Definitive data are only available from rock mechanics tests on core.  However, core is discontinuous and rock strength data coverage is inherently limited, hence rock strength evaluation is normally based on log indicators calibrated where possible against viable core data. Where core is not available, reliance is placed on uncalibrated log based strength models which increases uncertainty in the analysis.

Log Strength Modelling:

There are a number of published log-core strength correlations that can be used to develop a continuous rock strength model.  These tend to be constrained by log data availability.  Most log models involve correlations between unconfined compressive strength (UCS) and logs which are sensitive to rock strength variations, particularly sonic (DTC and/or DTS), density (RHOB) and porosity (PHIT and PHIE). 

The principal requirement for a log-derived model is that it should provide an accurate description of rock strength in uncored (or unsampled) intervals and wells.

RockMohr Ltd will design a rock test specification document and work with the selected laboratory to ensure fit-for-purpose data for geomechanical modelling.  Strength models can then be built for use in sand failure analysis, wellbore stability or for other geomechanical analysis.

An Introduction to Log Based Pore Pressure Modelling

As sediments are buried to greater and greater depth, the weight of the overlying rocks increases and the increasing stress acting at the grain contacts leads to rearrangement of the grains, resulting in lower porosity. If the rate of sedimentation exceeds the rate at which fluid can be expelled from the pore space, or if dewatering is inhibited by the formation of seals during burial, the pore fluid becomes overpressured and thus supports part of the overburden load. Overpressure generated in this way is said to result from disequilibrium compaction or undercompaction, this being the most common mechanism for generating overpressure in deepwater sediments. 
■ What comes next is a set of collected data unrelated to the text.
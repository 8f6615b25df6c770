-- ===== src/QueryFilter/NotChains.antt =====
-- Chains of `not` (backend/query_filter/parser.py, `parse_not_expr`).
use verisearch.Prelude.{
  ℕ, zero, suc, ◌+◌, ◌*◌, ◌≤◌, ◌<◌, ◌≡◌, refl, true, false, ◌||◌, is_empty, all, ltb, [], ◌∷◌, Str,
  codes, length, arith,
}
use verisearch.QueryFilter.Ast.{FilterNode, negation, eq, string_literal}
use verisearch.QueryFilter.State.{State, Parser, error, ok, recursion_error, init, and_then, ◌>>=◌}
use verisearch.QueryFilter.Lexer.{
  keyword_matches, match_keyword, parse_field, parse_identifier, taken_while, dotted_parts,
  check_field, skip_while, skip_whitespace,
}
use verisearch.QueryFilter.Literals.{parse_value}
use verisearch.QueryFilter.Parser.{
  more_operands, parse, parse_not_expr, parse_primary, parse_comparison, parse_operator, parse_expr,
  parse_or_expr, finish,
}
use verisearch.QueryFilter.Ascii.{ascii}

-- "not " n times, and a comparison behind it.
abbrev pub nots : ℕ → Str
nots zero = codes "url = \"a\""
nots (suc n) = b'n' ∷ b'o' ∷ b't' ∷ 32 ∷ nots n

abbrev pub negations : ℕ → FilterNode Str
negations zero = eq (codes "url") (string_literal (codes "a"))
negations (suc n) = negation (negations n)

-- The state in which the chain has been read, from one in which `before` stands before it.
abbrev passed : Str → ℕ → Str
passed before zero = b'"' ∷ b'a' ∷ b'"' ∷ 32 ∷ b'=' ∷ 32 ∷ b'l' ∷ b'r' ∷ b'u' ∷ before
passed before (suc n) = passed (32 ∷ b't' ∷ b'o' ∷ b'n' ∷ before) n

abbrev read : Str → ℕ → State
read before n = record { before = passed before n; rest = []; depth = 1; leaf_count = 1 }

abbrev at_chain : Str → ℕ → State
at_chain before n = record { before = before; rest = nots n; depth = 1; leaf_count = 0 }

-- The comparison at the end of the chain.
chain-zero :
    (n : ℕ) (before : Str) (expr : ℕ → Parser (FilterNode Str))
    → parse_not_expr ascii (suc (suc n)) expr (at_chain before zero)
      ≡ ok (negations zero) (read before zero)
unfolding parse_not_expr parse_primary parse_comparison match_keyword skip_whitespace skip_while
    parse_field parse_identifier taken_while dotted_parts check_field parse_operator parse_value
    error ◌>>=◌
chain-zero n before expr = refl

-- There is no room for `parse_primary` behind it.
chain-one :
    (before : Str) (expr : ℕ → Parser (FilterNode Str))
    → parse_not_expr ascii 1 expr (at_chain before zero) ≡ recursion_error
unfolding parse_not_expr parse_primary match_keyword skip_whitespace skip_while ◌>>=◌
chain-one before expr = refl

-- One `not` of the chain.
keyword_not :
    (rest : Str) → keyword_matches ascii (codes "not") (b'n' ∷ b'o' ∷ b't' ∷ 32 ∷ rest) ≡ true
unfolding keyword_matches
keyword_not rest = ground arith

chain-skip :
    (n : ℕ) (before : Str)
    → skip_whitespace (record { before = before; rest = 32 ∷ nots n; depth = 1; leaf_count = 0 })
      ≡ at_chain (32 ∷ before) n
unfolding skip_whitespace skip_while
chain-skip zero before = refl
chain-skip (suc n) before = refl

chain-skip_again : (n : ℕ) (before : Str) → skip_whitespace (at_chain before n) ≡ at_chain before n
unfolding skip_whitespace skip_while
chain-skip_again zero before = refl
chain-skip_again (suc n) before = refl

match-not :
    (n : ℕ) (before : Str)
    → match_keyword ascii (codes "not") (at_chain before (suc n))
      ≡ ok true (record {
        before = b't' ∷ b'o' ∷ b'n' ∷ before;
        rest = 32 ∷ nots n;
        depth = 1;
        leaf_count = 0;
      })
unfolding match_keyword ◌>>=◌
match-not n before = rw (chain-skip_again, keyword_not)

chain-suc :
    (n fuel : ℕ) (before : Str) (expr : ℕ → Parser (FilterNode Str))
    → parse_not_expr ascii (suc fuel) expr (at_chain before (suc n))
      ≡ and_then
          (parse_not_expr ascii fuel expr (record {
            before = b't' ∷ b'o' ∷ b'n' ∷ before;
            rest = 32 ∷ nots n;
            depth = 1;
            leaf_count = 0;
          }))
          (λ child. ok (negation child))
unfolding parse_not_expr ◌>>=◌
chain-suc n fuel before expr = rw (chain-skip_again, match-not)

chain-blank :
    (n fuel : ℕ) (before : Str) (expr : ℕ → Parser (FilterNode Str))
    → parse_not_expr ascii
        (suc fuel)
        expr
        (record { before = before; rest = 32 ∷ nots n; depth = 1; leaf_count = 0 })
      ≡ parse_not_expr ascii (suc fuel) expr (at_chain (32 ∷ before) n)
unfolding parse_not_expr ◌>>=◌
chain-blank n fuel before expr = cc (chain-skip n before, chain-skip_again n (32 ∷ before))

chain-Reads :
    (n frames : ℕ) (before : Str) (expr : ℕ → Parser (FilterNode Str))
    → n < frames
    → parse_not_expr ascii (suc frames) expr (at_chain before n) ≡ ok (negations n) (read before n)
chain-Reads zero zero before expr h = absurd (omega arith)
chain-Reads zero (suc frames) before expr h = chain-zero frames before expr
chain-Reads (suc n) zero before expr h = absurd (omega arith)
chain-Reads (suc n) (suc frames) before expr h = rw (
  chain-suc,
  chain-blank,
  chain-Reads n frames (32 ∷ b't' ∷ b'o' ∷ b'n' ∷ before) expr (omega arith),
)

-- The chain with too small a stack.
chain-overflows :
    (n frames : ℕ) (before : Str) (expr : ℕ → Parser (FilterNode Str))
    → frames ≤ n
    → parse_not_expr ascii (suc frames) expr (at_chain before n) ≡ recursion_error
chain-overflows zero zero before expr h = chain-one before expr
chain-overflows zero (suc frames) before expr h = absurd (omega arith)
chain-overflows (suc n) zero before expr h = rw chain-suc (no_room n before expr)
  where
    no_room :
        (n : ℕ) (before : Str) (expr : ℕ → Parser (FilterNode Str))
        → and_then
            (parse_not_expr ascii zero expr (record {
              before = b't' ∷ b'o' ∷ b'n' ∷ before;
              rest = 32 ∷ nots n;
              depth = 1;
              leaf_count = 0;
            }))
            (λ child. ok (negation child))
          ≡ recursion_error
    no_room n before expr = unfold parse_not_expr in refl
chain-overflows (suc n) (suc frames) before expr h = rw (
  chain-suc,
  chain-blank,
  chain-overflows n frames (32 ∷ b't' ∷ b'o' ∷ b'n' ∷ before) expr (omega arith),
)

length-nots : (n : ℕ) → length (nots n) ≡ 4 * n + 9
length-nots zero = refl
length-nots (suc n) = omega (arith, length-nots n)

or_expr-nots :
    (n frames : ℕ) (expr : ℕ → Parser (FilterNode Str))
    → n < frames
    → parse_or_expr ascii (suc (suc (suc frames))) expr (at_chain [] n)
      ≡ ok (negations n) (read [] n)
unfolding parse_or_expr more_operands match_keyword skip_whitespace skip_while ◌>>=◌
or_expr-nots n frames expr h = rw (chain-Reads n frames [] expr h)

or_expr-overflows :
    (n frames : ℕ) (expr : ℕ → Parser (FilterNode Str))
    → frames ≤ n + 3
    → parse_or_expr ascii frames expr (at_chain [] n) ≡ recursion_error
unfolding parse_or_expr ◌>>=◌
or_expr-overflows n zero expr h = refl
or_expr-overflows n (suc zero) expr h = refl
or_expr-overflows n (suc (suc zero)) expr h = unfold parse_not_expr in refl
or_expr-overflows n (suc (suc (suc frames))) expr h =
    rw (chain-overflows n frames [] expr (omega arith))

expr-nots :
    (f n frames : ℕ)
    → n < frames
    → parse_expr ascii (suc f) (suc (suc (suc (suc frames)))) (init (nots n))
      ≡ ok (negations n) (record { before = passed [] n; rest = []; depth = 0; leaf_count = 1 })
unfolding parse_expr ◌>>=◌
expr-nots f n frames h = rw (or_expr-nots n frames (parse_expr ascii f) h)

expr_overflows :
    (f n frames : ℕ)
    → frames ≤ n + 4
    → parse_expr ascii (suc f) frames (init (nots n)) ≡ recursion_error
unfolding parse_expr ◌>>=◌
expr_overflows f n zero h = refl
expr_overflows f n (suc frames) h =
    rw (or_expr-overflows n frames (parse_expr ascii f) (omega arith))

nots-IsText : (n : ℕ) → is_empty (nots n) || all ascii.is_space (nots n) ≡ false
nots-IsText zero = refl
nots-IsText (suc n) = refl

nots_short : (n : ℕ) → n ≤ 4093 → ltb 16384 (length (nots n)) ≡ false
nots_short n h = ground (arith, length-nots n)

-- Negation is not counted as nesting, whatever the nesting limit of 32 says: for every n up to 4093
-- a chain of n negations is accepted, under the ASCII classes of characters, as n nested `not` nodes where
-- Python's stack has room for n + 5 calls of the recursive methods; where it has not, `parse` raises
-- RecursionError in place of returning an error.
pub parse-nots :
    (n frames : ℕ)
    → n ≤ 4093
    → (n + 5 ≤ frames → (t : State) × (parse ascii frames (nots n) ≡ ok (negations n) t))
      × (frames < n + 5 → parse ascii frames (nots n) ≡ recursion_error)
parse-nots n frames h = (deep frames, λ l. shallow (omega arith))
  where
    deep :
        (frames : ℕ)
        → n + 5 ≤ frames
        → (t : State) × (parse ascii frames (nots n) ≡ ok (negations n) t)
    deep (suc (suc (suc (suc frames)))) l = (
      record { before = passed [] n; rest = []; depth = 0; leaf_count = 1 },
      unfold parse finish skip_whitespace skip_while ◌>>=◌ in
          rw (nots-IsText n, nots_short n h, expr-nots 32 n frames (omega arith)),
    )
    deep zero l = absurd (omega arith)
    deep (suc zero) l = absurd (omega arith)
    deep (suc (suc zero)) l = absurd (omega arith)
    deep (suc (suc (suc zero))) l = absurd (omega arith)

    shallow : frames ≤ n + 4 → parse ascii frames (nots n) ≡ recursion_error
    shallow l =
        unfold parse ◌>>=◌ in rw (nots-IsText n, nots_short n h, expr_overflows 32 n frames l)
Log based methodologies for pore pressure estimation are only relevant where overpressure has developed through disequilibrium compaction in shale/clay sequences. Compaction represents a reduction in porosity with increasing depth, and will produce a linear relationship on a logarithmic plot of porosity versus depth. Under normal compaction, porosity is reduced at the same time as pore fluid is expelled.

The workflow to perform log based pore pressure analysis includes: determination of the overburden gradient (OBG), discrimination of shale intervals, definition of a normal compaction trend to allow identification of compaction anomalies, pore pressure analysis calibrated where possible to measured data or well response, fracture gradient (FG) analysis.